* **Information provided**
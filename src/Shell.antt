-- ===== src/Shell.antt =====
-- The frame around every page (app/dashboard/app/ui.tsx): its theme, the badges of its sidebar, the
-- top bar with its menus, and the small graphs that the pages share.
pub mod Counts
pub mod Sidebar
pub mod Theme
pub mod Topbar
pub mod Charts
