-- ===== src/Shell/Counts.antt =====
-- The badges of the sidebar (`useCounts`, `useUnread` and `countBadge` in app/dashboard/app/ui.tsx).
-- A row of a list is known by its status.
pub mod Laws
use apifor_dev.Common.{
  ℕ, String, ◌==◌, Bool, false, not, Option, none, some, List, [], ◌∷◌, nat_eq, if◌then◌else◌,
  default, length, count, contains,
}
use apifor_dev.Async.{returned, thrown, Outcome}
use apifor_dev.Poll.{or_empty, Maybe}

-- The rows of the four lists that a load asks for, each as the call comes out.
pub record Answers : Type 0 where
  pub workers : Outcome (Maybe (List String))
  pub tasks : Outcome (Maybe (List String))
  pub prs : Outcome (Maybe (List String))
  pub interventions : Outcome (Maybe (List String))

pub record Counts : Type 0 where
  pub workers : ℕ
  pub queue : ℕ
  pub prs : ℕ
  pub interv : ℕ

-- `n(path, f)`: a call that fails counts as 0, an answer without data as an empty list.
abbrev pub n_of : (List String → ℕ) → Outcome (Maybe (List String)) → ℕ
n_of f (thrown e) = 0
n_of f (returned d) = f (or_empty d)

unfoldable pub counts_of : Answers → Counts
counts_of a = record {
  workers = n_of length a.workers;
  queue = n_of (count (λ s. contains ("queued" ∷ "planning" ∷ "assigned" ∷ []) s)) a.tasks;
  prs = n_of (count (λ s. not (s == "merged"))) a.prs;
  interv = n_of length a.interventions;
}

-- The component: whether it is mounted, and the counts, `none` before the first load.
pub record Counted : Type 0 where
  pub on : Bool
  pub c : Option Counts

-- The four calls of a load have settled, or the component is taken away.
pub data Event : Type 0 where
  settled : Answers → Event
  unmount : Event

unfoldable pub step : Event → Counted → Counted
unfolding counts_of
step (settled a) s = if s.on then record s { c = some (counts_of a) } else s
step unmount s = record s { on = false }

unfoldable pub steps : List Event → Counted → Counted
unfolding step
steps [] s = s
steps (e ∷ es) s = steps es (step e s)

-- `counts[key || ""]`
unfoldable pub count_at : Option Counts → Option String → Option ℕ
count_at (some c) (some k) =
    if k == "workers"
    then some c.workers
    else if k == "queue"
    then some c.queue
    else if k == "prs"
    then some c.prs
    else if k == "interv"
    then some c.interv
    else none
count_at _ _ = none

-- The badge of an entry: none for a missing count and for 0.
unfoldable pub badge : Option ℕ → String → Option (ℕ × String)
badge none tone = none
badge (some n) tone = if nat_eq n 0 then none else some (n, tone)

-- `counts.workers || 0`
unfoldable pub n_workers : Option Counts → ℕ
n_workers none = 0
n_workers (some c) = c.workers

-- The unread messages of the stream, whose message is `none` where it is no JSON, and without a
-- number where it has no `unread`.
unfoldable pub unread_step : Option (Option ℕ) → ℕ → ℕ
unread_step none n = n
unread_step (some m) n = default 0 m
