-- ===== src/Examples/Races.antt =====
-- A small kernel whose directory is listed in one batch, and the race of two threads on it.
use mathlib.Core.List.{Permᴰ}
use Prim.Native.String.{◌++◌ as ◌<>◌}
use text.Mathlib.TextLemmas.{cons-append}
use nfsplayground.Base.{
  String, codes, ◌≢◌, ℕ, zero, suc, ◌≡◌, refl, ap, arith, true, List, [], ◌∷◌, ◌++◌, some, pos,
  negsuc, ltb, if◌then◌else◌,
}
use nfsplayground.Kernel.{Kernel}
use nfsplayground.Generic.G310.{DirectoryCalls, Racing, new_reader, race}
use nfsplayground.Generic.G310.Listed.{made, names}
use nfsplayground.Generic.G310.Race.{ListsAll, race-Passed}
use nfsplayground.Examples.Toy.{Toy, toy, start}

-- A number is printed in unary, with one digit more.
abbrev ones : ℕ → String
ones zero = "1"
ones (suc n) = "1" <> ones n

abbrev racing_kernel : Kernel
racing_kernel = record toy { decimal = ones }

ones-digits : (i : ℕ) → codes (ones i) ≢ []
ones-digits zero e = cc
ones-digits (suc i) e = cc (e, ap codes (cons-append "1" "" (ones i)))

-- `..` comes first.
abbrev all : List (List ℕ)
all = (46 ∷ 46 ∷ []) ∷ (46 ∷ []) ∷ made racing_kernel 32 0

all-names : Permᴰ all (names racing_kernel)
all-names = Permᴰ.swap refl refl

-- Whether the listing has ended is the toy's count of creds.
abbrev left_of : ℕ → List (List ℕ)
left_of zero = []
left_of (suc n) = all

abbrev left : Toy → List (List ℕ)
left s = left_of s.owned

abbrev listing : DirectoryCalls racing_kernel
listing = record {
  vfs_read = λ d buf len s. (negsuc 20, s);
  seek_start = λ d s. (pos 0, record s { owned = 1 });
  iterate_dir = λ d s. ((pos 0, left s), record s { owned = 0 });
  kunit_vm_mmap = λ s. (64, s);
  kthread_run = λ s. (true, s);
}

append_nil : (xs : List (List ℕ)) → xs ≡ xs ++ []
append_nil [] = refl
append_nil (x ∷ xs) = ap (λ l. x ∷ l) (append_nil xs)

listing-ListsAll : ListsAll racing_kernel listing all left
listing-ListsAll = record {
  vfs_read_fails = λ d buf len s. (refl, refl);
  seek_start_rewinds = λ d s. (refl, refl);
  iterate_dir_takes = λ d s. (refl, append_nil (left s), λ e. e);
}

abbrev two_threads : Racing racing_kernel
two_threads = record { machine = start; reader = new_reader; pauses = 3 ∷ 0 ∷ 5 ∷ [] }

race-Passed_example :
    let r = race racing_kernel listing 40 5 64 two_threads 0 in
    (r.0 ≡ some tt)
    × (r.2 ≡ (if ltb 0 r.1.reader.reads then 0 else 1))
    × (r.1.reader.wrong ≡ 0)
    × (r.1.reader.err ≡ pos 0)
race-Passed_example =
    race-Passed listing-ListsAll 5 64 40 (3 ∷ 0 ∷ 5 ∷ []) start 0 ones-digits all-names
      (omega arith)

* **Problem details**
Within the data above, the lines from the one with "n_workers (some c) = c.workers" to the one with "all-names = Permᴰ.swap refl refl" must be repeated exactly; no other line belongs in the answer.

* **Exercise solution**
n_workers (some c) = c.workers

-- The unread messages of the stream, whose message is `none` where it is no JSON, and without a
-- number where it has no `unread`.
unfoldable pub unread_step : Option (Option ℕ) → ℕ → ℕ
unread_step none n = n
unread_step (some m) n = default 0 m
-- ===== src/Examples/Races.antt =====
-- A small kernel whose directory is listed in one batch, and the race of two threads on it.
use mathlib.Core.List.{Permᴰ}
use Prim.Native.String.{◌++◌ as ◌<>◌}
use text.Mathlib.TextLemmas.{cons-append}
use nfsplayground.Base.{
  String, codes, ◌≢◌, ℕ, zero, suc, ◌≡◌, refl, ap, arith, true, List, [], ◌∷◌, ◌++◌, some, pos,
  negsuc, ltb, if◌then◌else◌,
}
use nfsplayground.Kernel.{Kernel}
use nfsplayground.Generic.G310.{DirectoryCalls, Racing, new_reader, race}
use nfsplayground.Generic.G310.Listed.{made, names}
use nfsplayground.Generic.G310.Race.{ListsAll, race-Passed}
use nfsplayground.Examples.Toy.{Toy, toy, start}

-- A number is printed in unary, with one digit more.
abbrev ones : ℕ → String
ones zero = "1"
ones (suc n) = "1" <> ones n

abbrev racing_kernel : Kernel
racing_kernel = record toy { decimal = ones }

ones-digits : (i : ℕ) → codes (ones i) ≢ []
ones-digits zero e = cc
ones-digits (suc i) e = cc (e, ap codes (cons-append "1" "" (ones i)))

-- `..` comes first.
abbrev all : List (List ℕ)
all = (46 ∷ 46 ∷ []) ∷ (46 ∷ []) ∷ made racing_kernel 32 0

all-names : Permᴰ all (names racing_kernel)
all-names = Permᴰ.swap refl refl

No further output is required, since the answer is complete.